Scientists are elated given the imagery and other data relayed to Earth during NASA’s Stardust-New Exploration of Tempel 1 (Stardust-NExT) February 14 flyby of a previously visited comet.
“This mission is 100 percent successful,” said Joe Veverka, Stardust-NExT principal investigator of Cornell University, Ithaca, New York. “We saw a lot of new things that we didn’t expect, and we’ll be working hard to figure out what Tempel 1 is trying to tell us.”
Scientists unveiled side by side images showing the before-and-after comparison of the part of comet Tempel 1 that was hit by the impactor unleashed from NASA’s Deep Impact spacecraft several years ago.
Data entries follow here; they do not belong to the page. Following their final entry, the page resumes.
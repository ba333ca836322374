-- ===== src/Shield/Limiter/Burst.antt =====
-- How many requests a burst can get through the limiter, and what a request does to the bucket of
-- another source (internal/shield/ratelimit.go).
use freesbc.Base.{
  ℕ, zero, suc, ◌-◌, ◌^◌, ◌≤◌, ◌<◌, ◌≡◌, refl, ◌∙◌, inl, inr, Bool, true, false, Option, none, some,
  List, ◌∷◌, arith, if◌then◌else◌, Bool-cases, Option-cases,
}
use freesbc.Base.Assoc.{find, remove, find-front_self}
use freesbc.Base.Lru.{evict}
use freesbc.Shield.Limiter.{
  Float, RateKey, RateKey-discrete, Bucket, RateLimiter, full_bucket, refill, spend, take_keyed,
  take_token, bucket_cap,
}

module _ (fl : Float) where
  open fl use {
    of_ℕ, le, le_trans, sub-one-le, zero-lt-one, no_time, min-le_left, min-le_right, at_least_one,
  }

  -- `n` calls for one key at one instant: the limiter after them, and how many were admitted.
  pub burst : ℕ → RateKey → ℕ → ℕ → ℕ → RateLimiter fl → RateLimiter fl × ℕ
  burst zero key rate interval now r = (r, 0)
  burst (suc n) key rate interval now r =
      let (r', ok) = take_token fl key rate interval true now r in
      let (s, k) = burst n key rate interval now r' in (s, if ok then suc k else k)

  -- The bucket of a key holds at most `k` tokens at `now`, and was used then.
  abbrev HoldsAtMost : ℕ → ℕ → Option (Bucket fl) → Type 0
  HoldsAtMost k now none = ⊥
  HoldsAtMost k now (some b) = le b.tokens (of_ℕ k) × (b.last ≡ now)

  spend_left :
      (b : Bucket fl) (k : ℕ)
      → k < 2 ^ 53
      → le b.tokens (of_ℕ k)
      → ((spend fl b).1 ≡ true → (m : ℕ) × (k ≡ suc m) × le (spend fl b).0.tokens (of_ℕ m))
        × ((spend fl b).1 ≡ false → le (spend fl b).0.tokens (of_ℕ k))
        × ((spend fl b).0.last ≡ b.last)
  unfolding spend
  spend_left b zero small h = rw (zero-lt-one b.tokens h) (λ t. absurd (cc t), λ _. h, refl)
  spend_left b (suc m) small h = elim (Bool-cases (at_least_one b.tokens)) [
    | inl more ↦ rw more (λ _. (m, refl, sub-one-le b.tokens m small h), λ t. absurd (cc t), refl)
    | inr less ↦ rw less (λ t. absurd (cc t), λ _. h, refl)
  ]

  -- The bucket that `take` works on.
  abbrev start_bucket : ℕ → ℕ → Option (Bucket fl) → Bucket fl
  start_bucket rate now none = full_bucket fl rate now
  start_bucket rate now (some b) = b

  abbrev After : ℕ → Bool → RateKey → ℕ → RateLimiter fl → Type 0
  After k true key now r =
      (m : ℕ) × (k ≡ suc m) × HoldsAtMost m now (find RateKey-discrete key r.lru)
  After k false key now r = HoldsAtMost k now (find RateKey-discrete key r.lru)

  spend-After :
      (key : RateKey) (k now : ℕ) (b : Bucket fl) (r : RateLimiter fl)
      (l : List (RateKey × Bucket fl))
      → k < 2 ^ 53
      → b.last ≡ now
      → le b.tokens (of_ℕ k)
      → After k (spend fl b).1 key now (record r { lru = (key, (spend fl b).0) ∷ l })
  spend-After key k now b r l small at h = elim (Bool-cases (spend fl b).1) [
    | inl ok ↦
        let (more, less, same) = spend_left b k small h in
        let (m, e, left) = more ok in
        rw (ok, find-front_self RateKey-discrete key (spend fl b).0 l) (m, e, (left, same ∙ at))
    | inr no_token ↦
        let (more, less, same) = spend_left b k small h in
        rw (no_token, find-front_self RateKey-discrete key (spend fl b).0 l)
          (less no_token, same ∙ at)
  ]

  take_keyed-After :
      (key : RateKey) (rate interval k now : ℕ) (r : RateLimiter fl)
      → k < 2 ^ 53
      → le
          (refill fl rate interval now
            (start_bucket rate now (find RateKey-discrete key r.lru))).tokens
          (of_ℕ k)
      → After k
          (take_keyed fl key rate interval now r).1
          key
          now
          (take_keyed fl key rate interval now r).0
  unfolding take_keyed refill
  take_keyed-After key rate interval k now r small h =
      elim (Option-cases (find RateKey-discrete key r.lru)) [
        | inl new ↦
            rw (new, take_keyed)
              (spend-After key k now (refill fl rate interval now (full_bucket fl rate now)) r
                (evict bucket_cap r.lru) small refl (rw new at h))
        | inr (b, known) ↦
            rw (known, take_keyed)
              (spend-After key k now (refill fl rate interval now b) r
                (remove RateKey-discrete key r.lru) small refl (rw known at h))
      ]

  refill-le_rate :
      (rate interval now : ℕ) (b : Bucket fl)
      → le (refill fl rate interval now b).tokens (of_ℕ rate)
  unfolding refill
  refill-le_rate rate interval now b = min-le_left _ _

  -- At the instant of its last use a bucket gains nothing.
  refill-le_same :
      (rate interval k now : ℕ) (b : Bucket fl)
      → 0 < interval
      → HoldsAtMost k now (some b)
      → le (refill fl rate interval now b).tokens (of_ℕ k)
  unfolding refill
  refill-le_same rate interval k now b pos h =
      let none_passed : now - b.last ≡ 0 = omega arith in
      rw none_passed (
        le_trans _ _ _ (min-le_right _ _) (le_trans _ _ _ (no_time b.tokens rate interval pos) h.0))

  take_token-keyed :
      (key : RateKey) (rate interval now : ℕ) (r : RateLimiter fl)
      → 0 < rate
      → 0 < interval
      → take_token fl key rate interval true now r ≡ take_keyed fl key rate interval now r
  unfolding take_token
  take_token-keyed key rate interval now r p q = ground arith

  refill_held :
      (rate interval k now : ℕ) (o : Option (Bucket fl))
      → 0 < interval
      → HoldsAtMost k now o
      → le (refill fl rate interval now (start_bucket rate now o)).tokens (of_ℕ k)
  refill_held rate interval k now none q h = elim h [ ]
  refill_held rate interval k now (some b) q h = refill-le_same rate interval k now b q h

  -- From a bucket that is refilled to at most `k` tokens, at most `k` calls are admitted.
  burst-le :
      (n k : ℕ) (key : RateKey) (rate interval now : ℕ) (r : RateLimiter fl)
      → 0 < rate
      → 0 < interval
      → k < 2 ^ 53
      → le
          (refill fl rate interval now
            (start_bucket rate now (find RateKey-discrete key r.lru))).tokens
          (of_ℕ k)
      → (burst n key rate interval now r).1 ≤ k
  unfolding burst
  burst-le zero k key rate interval now r p q small h = omega arith
  burst-le (suc n) k key rate interval now r p q small h =
      rw (take_token-keyed key rate interval now r p q) (
        count_left (take_keyed fl key rate interval now r)
          (take_keyed-After key rate interval k now r small h)
          (λ m small' r' holds.
            burst-le n m key rate interval now r' p q small'
              (refill_held rate interval m now _ q holds)))
    where
      count_left :
          (t : RateLimiter fl × Bool)
          → After k t.1 key now t.0
          → ((m : ℕ)
              → m < 2 ^ 53
              → (r' : RateLimiter fl) → HoldsAtMost m now (find RateKey-discrete key r'.lru)
              → (burst n key rate interval now r').1 ≤ m)
          → (if t.1
              then suc (burst n key rate interval now t.0).1
              else (burst n key rate interval now t.0).1)
            ≤ k
      count_left (r', true) (m, e, left) rec = omega (arith, rec m (omega arith) r' left)
      count_left (r', false) left rec = rec k small r' left

  -- A burst is bounded by the rate: of any number of calls for one key at one instant, from any
  -- state of the limiter, at most `rate` are admitted. The rate and the interval are positive, and
  -- the rate is below 2^53, where float64 is exact.
  pub burst-le_rate :
      (n : ℕ) (key : RateKey) (rate interval now : ℕ) (r : RateLimiter fl)
      → 0 < rate
      → 0 < interval
      → rate < 2 ^ 53
      → (burst n key rate interval now r).1 ≤ rate
  burst-le_rate n key rate interval now r p q small =
      burst-le n rate key rate interval now r p q small (refill-le_rate rate interval now _)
The left-hand image (above) is a composite made from images obtained by Deep Impact in July 2005. The right-hand image shows arrows identifying the rim of the crater caused by the impactor.
The crater is estimated to be 500 feet (150 meters) in diameter. This image also shows a brighter mound in the center of the crater likely created when material from the impact fell back into the crater.
“We see a crater with a small mound in the center, and it appears that some of the ejecta went up and came right back down,” said Pete Schultz of Brown University, Providence, R.I. “This tells us this cometary nucleus is fragile and weak based on how subdued the crater is we see today.”